YOUR GOAL: Could you return the whole listing exactly?

RECORDS SHOWN:
□ □ □ □ □ □ □

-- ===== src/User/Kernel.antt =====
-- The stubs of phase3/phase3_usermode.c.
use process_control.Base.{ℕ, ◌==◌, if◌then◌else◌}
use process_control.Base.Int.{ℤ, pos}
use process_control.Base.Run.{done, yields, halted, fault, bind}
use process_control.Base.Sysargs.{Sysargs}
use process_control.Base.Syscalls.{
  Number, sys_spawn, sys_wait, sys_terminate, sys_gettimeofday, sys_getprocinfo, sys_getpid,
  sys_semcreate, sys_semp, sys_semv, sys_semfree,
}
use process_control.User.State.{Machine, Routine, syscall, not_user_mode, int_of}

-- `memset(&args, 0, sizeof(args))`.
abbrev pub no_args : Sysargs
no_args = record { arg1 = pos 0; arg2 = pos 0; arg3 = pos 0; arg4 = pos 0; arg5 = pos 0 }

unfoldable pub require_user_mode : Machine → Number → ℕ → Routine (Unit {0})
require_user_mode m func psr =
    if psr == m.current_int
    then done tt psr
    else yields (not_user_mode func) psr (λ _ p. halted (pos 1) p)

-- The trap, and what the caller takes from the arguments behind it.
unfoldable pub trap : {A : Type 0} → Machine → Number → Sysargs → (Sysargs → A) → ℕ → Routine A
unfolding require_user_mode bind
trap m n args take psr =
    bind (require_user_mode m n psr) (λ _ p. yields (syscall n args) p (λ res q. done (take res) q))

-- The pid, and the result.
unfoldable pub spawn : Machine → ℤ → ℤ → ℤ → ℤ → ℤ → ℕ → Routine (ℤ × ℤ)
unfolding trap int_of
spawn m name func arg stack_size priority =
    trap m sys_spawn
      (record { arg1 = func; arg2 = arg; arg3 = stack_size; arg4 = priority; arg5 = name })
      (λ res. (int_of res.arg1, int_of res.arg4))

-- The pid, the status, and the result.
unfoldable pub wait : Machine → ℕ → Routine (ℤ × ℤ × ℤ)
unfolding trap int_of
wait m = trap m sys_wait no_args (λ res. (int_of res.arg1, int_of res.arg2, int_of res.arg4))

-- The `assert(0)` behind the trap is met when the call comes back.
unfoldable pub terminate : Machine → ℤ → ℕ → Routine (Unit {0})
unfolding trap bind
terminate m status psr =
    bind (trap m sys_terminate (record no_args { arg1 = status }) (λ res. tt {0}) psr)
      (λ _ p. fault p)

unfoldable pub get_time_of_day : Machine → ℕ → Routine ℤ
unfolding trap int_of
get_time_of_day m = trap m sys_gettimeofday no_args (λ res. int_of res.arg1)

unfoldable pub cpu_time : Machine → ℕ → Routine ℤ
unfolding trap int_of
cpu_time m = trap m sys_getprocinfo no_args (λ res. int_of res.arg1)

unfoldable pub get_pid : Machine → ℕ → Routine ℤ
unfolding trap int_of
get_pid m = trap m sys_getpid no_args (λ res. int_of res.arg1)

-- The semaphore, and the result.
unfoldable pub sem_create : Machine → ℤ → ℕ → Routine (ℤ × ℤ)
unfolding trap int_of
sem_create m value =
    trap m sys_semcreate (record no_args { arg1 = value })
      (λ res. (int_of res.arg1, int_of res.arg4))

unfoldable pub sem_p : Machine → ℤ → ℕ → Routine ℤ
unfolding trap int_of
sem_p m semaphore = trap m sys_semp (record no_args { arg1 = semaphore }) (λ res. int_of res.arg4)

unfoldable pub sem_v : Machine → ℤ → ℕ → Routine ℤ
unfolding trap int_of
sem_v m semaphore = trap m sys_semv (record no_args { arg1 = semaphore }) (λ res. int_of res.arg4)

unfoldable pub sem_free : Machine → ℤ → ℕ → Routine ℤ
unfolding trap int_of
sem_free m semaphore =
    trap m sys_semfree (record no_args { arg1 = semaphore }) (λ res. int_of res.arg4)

□ □ □ □ □ □ □

SOLUTION FOR THIS EXERCISE:
-- ===== src/User/Kernel.antt =====
-- The stubs of phase3/phase3_usermode.c.
use process_control.Base.{ℕ, ◌==◌, if◌then◌else◌}
use process_control.Base.Int.{ℤ, pos}
use process_control.Base.Run.{done, yields, halted, fault, bind}
use process_control.Base.Sysargs.{Sysargs}
use process_control.Base.Syscalls.{
  Number, sys_spawn, sys_wait, sys_terminate, sys_gettimeofday, sys_getprocinfo, sys_getpid,
  sys_semcreate, sys_semp, sys_semv, sys_semfree,
}
use process_control.User.State.{Machine, Routine, syscall, not_user_mode, int_of}

-- `memset(&args, 0, sizeof(args))`.
abbrev pub no_args : Sysargs
no_args = record { arg1 = pos 0; arg2 = pos 0; arg3 = pos 0; arg4 = pos 0; arg5 = pos 0 }

unfoldable pub require_user_mode : Machine → Number → ℕ → Routine (Unit {0})
require_user_mode m func psr =
    if psr == m.current_int
    then done tt psr
    else yields (not_user_mode func) psr (λ _ p. halted (pos 1) p)

-- The trap, and what the caller takes from the arguments behind it.
unfoldable pub trap : {A : Type 0} → Machine → Number → Sysargs → (Sysargs → A) → ℕ → Routine A
unfolding require_user_mode bind
trap m n args take psr =
    bind (require_user_mode m n psr) (λ _ p. yields (syscall n args) p (λ res q. done (take res) q))

-- The pid, and the result.
unfoldable pub spawn : Machine → ℤ → ℤ → ℤ → ℤ → ℤ → ℕ → Routine (ℤ × ℤ)
unfolding trap int_of
spawn m name func arg stack_size priority =
    trap m sys_spawn
      (record { arg1 = func; arg2 = arg; arg3 = stack_size; arg4 = priority; arg5 = name })
      (λ res. (int_of res.arg1, int_of res.arg4))

-- The pid, the status, and the result.
unfoldable pub wait : Machine → ℕ → Routine (ℤ × ℤ × ℤ)
unfolding trap int_of
wait m = trap m sys_wait no_args (λ res. (int_of res.arg1, int_of res.arg2, int_of res.arg4))

-- The `assert(0)` behind the trap is met when the call comes back.
unfoldable pub terminate : Machine → ℤ → ℕ → Routine (Unit {0})
unfolding trap bind
terminate m status psr =
    bind (trap m sys_terminate (record no_args { arg1 = status }) (λ res. tt {0}) psr)
      (λ _ p. fault p)

unfoldable pub get_time_of_day : Machine → ℕ → Routine ℤ
unfolding trap int_of
get_time_of_day m = trap m sys_gettimeofday no_args (λ res. int_of res.arg1)

unfoldable pub cpu_time : Machine → ℕ → Routine ℤ
unfolding trap int_of
cpu_time m = trap m sys_getprocinfo no_args (λ res. int_of res.arg1)

unfoldable pub get_pid : Machine → ℕ → Routine ℤ
unfolding trap int_of
get_pid m = trap m sys_getpid no_args (λ res. int_of res.arg1)

-- The semaphore, and the result.
unfoldable pub sem_create : Machine → ℤ → ℕ → Routine (ℤ × ℤ)
unfolding trap int_of
sem_create m value =
    trap m sys_semcreate (record no_args { arg1 = value })
      (λ res. (int_of res.arg1, int_of res.arg4))

unfoldable pub sem_p : Machine → ℤ → ℕ → Routine ℤ
unfolding trap int_of
sem_p m semaphore = trap m sys_semp (record no_args { arg1 = semaphore }) (λ res. int_of res.arg4)

unfoldable pub sem_v : Machine → ℤ → ℕ → Routine ℤ
unfolding trap int_of
sem_v m semaphore = trap m sys_semv (record no_args { arg1 = semaphore }) (λ res. int_of res.arg4)

unfoldable pub sem_free : Machine → ℤ → ℕ → Routine ℤ
unfolding trap int_of
sem_free m semaphore =
    trap m sys_semfree (record no_args { arg1 = semaphore }) (λ res. int_of res.arg4)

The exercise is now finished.